» **Required action**
Among these records, which lines include "IsDark"? Copy them out.

[Given records Boundary: Start]

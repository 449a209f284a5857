-- ===== src/Text/Words.antt =====
-- `split` and `collapse`: tokens hold no white space, and joined words are split again.
pub mod Normal
use terraformer.Base.{
  ℕ, ◌≡◌, ◌≢◌, refl, ap, ◌∙◌, true, false, List, [], ◌∷◌, ◌++◌, append-nil, append_assoc, All,
  All-append, All-concat, Bool-cases, inl, inr,
}
use terraformer.Text.{Text, codes, is_space, emit, join, words_from, words, collapse}

abbrev pub IsDark : ℕ → Type 0
IsDark c = is_space c ≡ false

-- A token of `split`: not empty, and no white space inside.
abbrev pub IsWord : Text → Type 0
IsWord w = (w ≢ []) × All IsDark w

append-ne-nil : (w : Text) (c : ℕ) → w ++ c ∷ [] ≢ []
append-ne-nil [] c h = cc
append-ne-nil (d ∷ w) c h = cc

words_from-space :
    (w : Text) (c : ℕ) (s : Text)
    → is_space c ≡ true
    → words_from w (c ∷ s) ≡ emit w (words_from [] s)
unfolding words_from
words_from-space w c s h = rw (h, words_from)

words_from-dark :
    (w : Text) (c : ℕ) (s : Text)
    → is_space c ≡ false
    → words_from w (c ∷ s) ≡ words_from (w ++ c ∷ []) s
unfolding words_from
words_from-dark w c s h = rw (h, words_from)

emit-All : (w : Text) (ws : List Text) → All IsDark w → All IsWord ws → All IsWord (emit w ws)
emit-All [] ws h k = k
emit-All (c ∷ w) ws h k = (((λ e. cc), h), k)

words_from-All : (w s : Text) → All IsDark w → All IsWord (words_from w s)
unfolding words_from
words_from-All w [] h = emit-All w [] h tt
words_from-All w (c ∷ s) h = elim (Bool-cases (is_space c)) [
  | inl e ↦ rw (words_from-space w c s e) (emit-All w (words_from [] s) h (words_from-All [] s tt))
  | inr e ↦
      rw (words_from-dark w c s e) (words_from-All (w ++ c ∷ []) s (All-concat IsDark w c h e))
]

-- The tokens of any text are words.
pub words-IsWord : (s : Text) → All IsWord (words s)
unfolding words
words-IsWord s = words_from-All [] s tt

append-cons : (w : Text) (c : ℕ) (s : Text) → (w ++ c ∷ []) ++ s ≡ w ++ (c ∷ s)
append-cons w c s = append_assoc w (c ∷ []) s

words_from_last : (w v : Text) → All IsDark v → words_from w v ≡ emit (w ++ v) []
unfolding words_from
words_from_last w [] h = rw append-nil
words_from_last w (c ∷ v) h =
    words_from-dark w c v h.0
    ∙ words_from_last (w ++ c ∷ []) v h.1
    ∙ ap (λ l. emit l []) (append-cons w c v)

words_from_more :
    (w v rest : Text)
    → All IsDark v
    → words_from w (v ++ 32 ∷ rest) ≡ emit (w ++ v) (words_from [] rest)
unfolding words_from is_space
words_from_more w [] rest h = rw append-nil
words_from_more w (c ∷ v) rest h =
    words_from-dark w c (v ++ 32 ∷ rest) h.0
    ∙ words_from_more (w ++ c ∷ []) v rest h.1
    ∙ ap (λ l. emit l (words_from [] rest)) (append-cons w c v)

emit_ne : (s : Text) (rest : List Text) → s ≢ [] → emit s rest ≡ s ∷ rest
emit_ne [] rest h = absurd (h refl)
emit_ne (c ∷ s) rest h = refl

-- Words joined by single spaces are split back into the same words.
pub words-join : (ws : List Text) → All IsWord ws → words (join (codes " ") ws) ≡ ws
unfolding words join
words-join [] h = refl
words-join (w ∷ []) h = words_from_last [] w h.0.1 ∙ emit_ne w [] h.0.0
words-join (w ∷ v ∷ ws) h =
    words_from_more [] w (join (codes " ") (v ∷ ws)) h.0.1
    ∙ emit_ne w _ h.0.0
    ∙ ap (λ l. w ∷ l) (words-join (v ∷ ws) h.1)

pub words-collapse : (s : Text) → words (collapse s) ≡ words s
unfolding collapse
words-collapse s = words-join (words s) (words-IsWord s)

-- What holds of the separator and of the parts' characters holds of the joined text.
pub join-All {κ} :
    (P : ℕ → Type κ) (sep : Text) (ws : List Text)
    → All P sep
    → All (All P) ws
    → All P (join sep ws)
unfolding join
join-All P sep [] hs h = tt
join-All P sep (w ∷ []) hs h = h.0
join-All P sep (w ∷ v ∷ ws) hs h =
    All-append P w _ h.0 (All-append P sep _ hs (join-All P sep (v ∷ ws) hs h.1))

words_from-ne : (d : ℕ) (w s : Text) → words_from (d ∷ w) s ≢ []
unfolding words_from
words_from-ne d w [] = λ e. cc e
words_from-ne d w (c ∷ s) = elim (Bool-cases (is_space c)) [
  | inl e ↦ rw (words_from-space (d ∷ w) c s e) (λ x. cc x)
  | inr e ↦ rw (words_from-dark (d ∷ w) c s e) (words_from-ne d (w ++ c ∷ []) s)
]

join-ne : (sep : Text) (ws : List Text) → All IsWord ws → ws ≢ [] → join sep ws ≢ []
unfolding join
join-ne sep [] h n = absurd (n refl)
join-ne sep ([] ∷ ws) h n = absurd (h.0.0 refl)
join-ne sep ((c ∷ w) ∷ []) h n = λ e. cc e
join-ne sep ((c ∷ w) ∷ v ∷ ws) h n = λ e. cc e

-- A text that starts with a dark character does not collapse to nothing.
pub collapse-ne : (c : ℕ) (s : Text) → is_space c ≡ false → collapse (c ∷ s) ≢ []
unfolding collapse words
collapse-ne c s e =
    join-ne (codes " ") (words_from [] (c ∷ s)) (words_from-All [] (c ∷ s) tt)
      (rw (words_from-dark [] c s e) (words_from-ne c [] s))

[Given records Boundary: End]

» **Result for this exercise**
abbrev pub IsDark : ℕ → Type 0
IsDark c = is_space c ≡ false
IsWord w = (w ≢ []) × All IsDark w
emit-All : (w : Text) (ws : List Text) → All IsDark w → All IsWord ws → All IsWord (emit w ws)
words_from-All : (w s : Text) → All IsDark w → All IsWord (words_from w s)
      rw (words_from-dark w c s e) (words_from-All (w ++ c ∷ []) s (All-concat IsDark w c h e))
words_from_last : (w v : Text) → All IsDark v → words_from w v ≡ emit (w ++ v) []
    → All IsDark v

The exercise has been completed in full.